If $b\in <S_{6},\bullet>$ , $b= \left[ \begin{array}{cc} 1&2&3&4&5&6\\ 2&3&4&5&6&1 \end{array} \right] $
and the subgroup
$H=<b>= $$ \left\{ \begin{array}{c} b= \left[ \begin{array}{cc} 1&2&3&4&5&6\\ 2&3&4&5&6&1 \end{array} \right] ,b^{2}= \left[ \begin{array}{cc} 1&2&3&4&5&6\\ 3&4&5&6&1&2 \end{array} \right]\\b^{3}= \left[ \begin{array}{cc} 1&2&3&4&5&6\\ 4&5&6&1&2&3 \end{array} \right] ,b^{4}= \left[ \begin{array}{cc} 1&2&3&4&5&6\\ 5&6&1&2&3&4 \end{array} \right]\\ b^{5}= \left[ \begin{array}{cc} 1&2&3&4&5&6\\ 6&1&2&3&4&5 \end{array} \right],b^{6}= \left[ \begin{array}{cc} 1&2&3&4&5&6\\ 1&2&3&4&5&6 \end{array} \right]=e\\\end{array}\ \right\}$
I need to find all non trivial subgroup of $H$.
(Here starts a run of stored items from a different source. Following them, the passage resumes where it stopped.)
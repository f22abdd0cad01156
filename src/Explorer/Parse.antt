-- ===== src/Explorer/Parse.antt =====
-- strconv: `Atoi` and `ParseBool`, by which explorerapi/server.go reads its parameters.
use trail.Prelude.{
  ℕ, ◌+◌, ◌-◌, ◌*◌, ◌^◌, Bool, true, false, not, ◌&&◌, ◌||◌, Option, none, some, List, [], ◌∷◌,
  Text, codes, text_eq, leb, ltb, ◌==◌, if◌then◌else◌,
}
use trail.Prelude.Int.{ℤ, pos, negsuc}

-- A number, the nearest int of a number out of range, or a syntax error.
pub data Parsed : Type 0 where
  number : ℤ → Parsed
  out_of_range : ℤ → Parsed
  wrong_syntax : Parsed

pub data Digits : Type 0 where
  digits : ℕ → Digits
  overflow : Digits
  wrong : Digits

-- The loop of `ParseUint`: it stops at the first digit at which the number leaves a uint64.
unfoldable pub read_digits : Text → ℕ → Digits
read_digits [] n = digits n
read_digits (c ∷ text) n =
    let rest = read_digits text (n * 10 + (c - b'0')) in
    if not (leb b'0' c && leb c b'9')
    then wrong
    else if leb (2 ^ 64) (n * 10 + (c - b'0'))
    then overflow
    else rest

unfoldable pub positive : Digits → Parsed
positive (digits n) = if ltb n (2 ^ 63) then number (pos n) else out_of_range (pos (2 ^ 63 - 1))
positive overflow = out_of_range (pos (2 ^ 63 - 1))
positive wrong = wrong_syntax

abbrev pub negated : ℕ → ℤ
negated n = if n == 0 then pos 0 else negsuc (n - 1)

unfoldable pub negative : Digits → Parsed
negative (digits n) =
    if leb n (2 ^ 63) then number (negated n) else out_of_range (negsuc (2 ^ 63 - 1))
negative overflow = out_of_range (negsuc (2 ^ 63 - 1))
negative wrong = wrong_syntax

-- A number of at least one digit.
abbrev pub signed : (Digits → Parsed) → Text → Parsed
signed sign [] = wrong_syntax
signed sign (c ∷ text) = sign (read_digits (c ∷ text) 0)

-- `strconv.Atoi`
unfoldable pub atoi : Text → Parsed
atoi [] = wrong_syntax
atoi (c ∷ text) =
    if c == b'-'
    then signed negative text
    else if c == b'+'
    then signed positive text
    else positive (read_digits (c ∷ text) 0)

-- `n, _ = strconv.Atoi(text)`
unfoldable pub value_of : Parsed → ℤ
value_of (number n) = n
value_of (out_of_range n) = n
value_of wrong_syntax = pos 0

unfoldable pub one_of : Text → List Text → Bool
one_of text [] = false
one_of text (t ∷ texts) = text_eq text t || one_of text texts

-- `strconv.ParseBool`
unfoldable pub parse_bool : Text → Option Bool
parse_bool text =
    if one_of text
      (codes "1" ∷ codes "t" ∷ codes "T" ∷ codes "true" ∷ codes "TRUE" ∷ codes "True" ∷ [])
    then some true
    else if one_of text
        (codes "0" ∷ codes "f" ∷ codes "F" ∷ codes "false" ∷ codes "FALSE" ∷ codes "False" ∷ [])
    then some false
    else none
Using Lagrange's theorem and the fact that any subgroup of $H$ (mark them $K_i$) is non trivial if: $$\{e\}\subset K_{i}$$ and $$K_{i}\neq\{e\},K_{i}\neq\ H$$ that means $o(K_{i})\neq 1,o(K_{i})\neq 6$
so it must be that $o(K_{i})=2$ or $o(K_{i})=3$
if $o(K_{i})=2$,then I found one subgroup:$K_{1}=\{b^{6}=e,b^{3}\}$
if $o(K_{i})=3$,then I found one subgroup:$K_{2}=\{b^{6}=e,b^{2},b^{4}\}$
How can I find more?
Is there any fast way to find them all?
Thanks.
$o(H)=6$,$H$ is cylic,so $\phi(6)=2$.
$H$ has 2 generators. $<b>$ is a generator,so: $o(b)=6$ and $$o(b^{t})=\frac{o(b)}{gcd(o(b),t)}=\frac{6}{gcd(6,t)}$$ to find the second generator:$o(b^{t})=6$ this happens iff $gcd(6,t)=1$
so,$t=1$ and $t=5$ means that $<b^{5}>=H$
There is only 2 non trivial subgroups.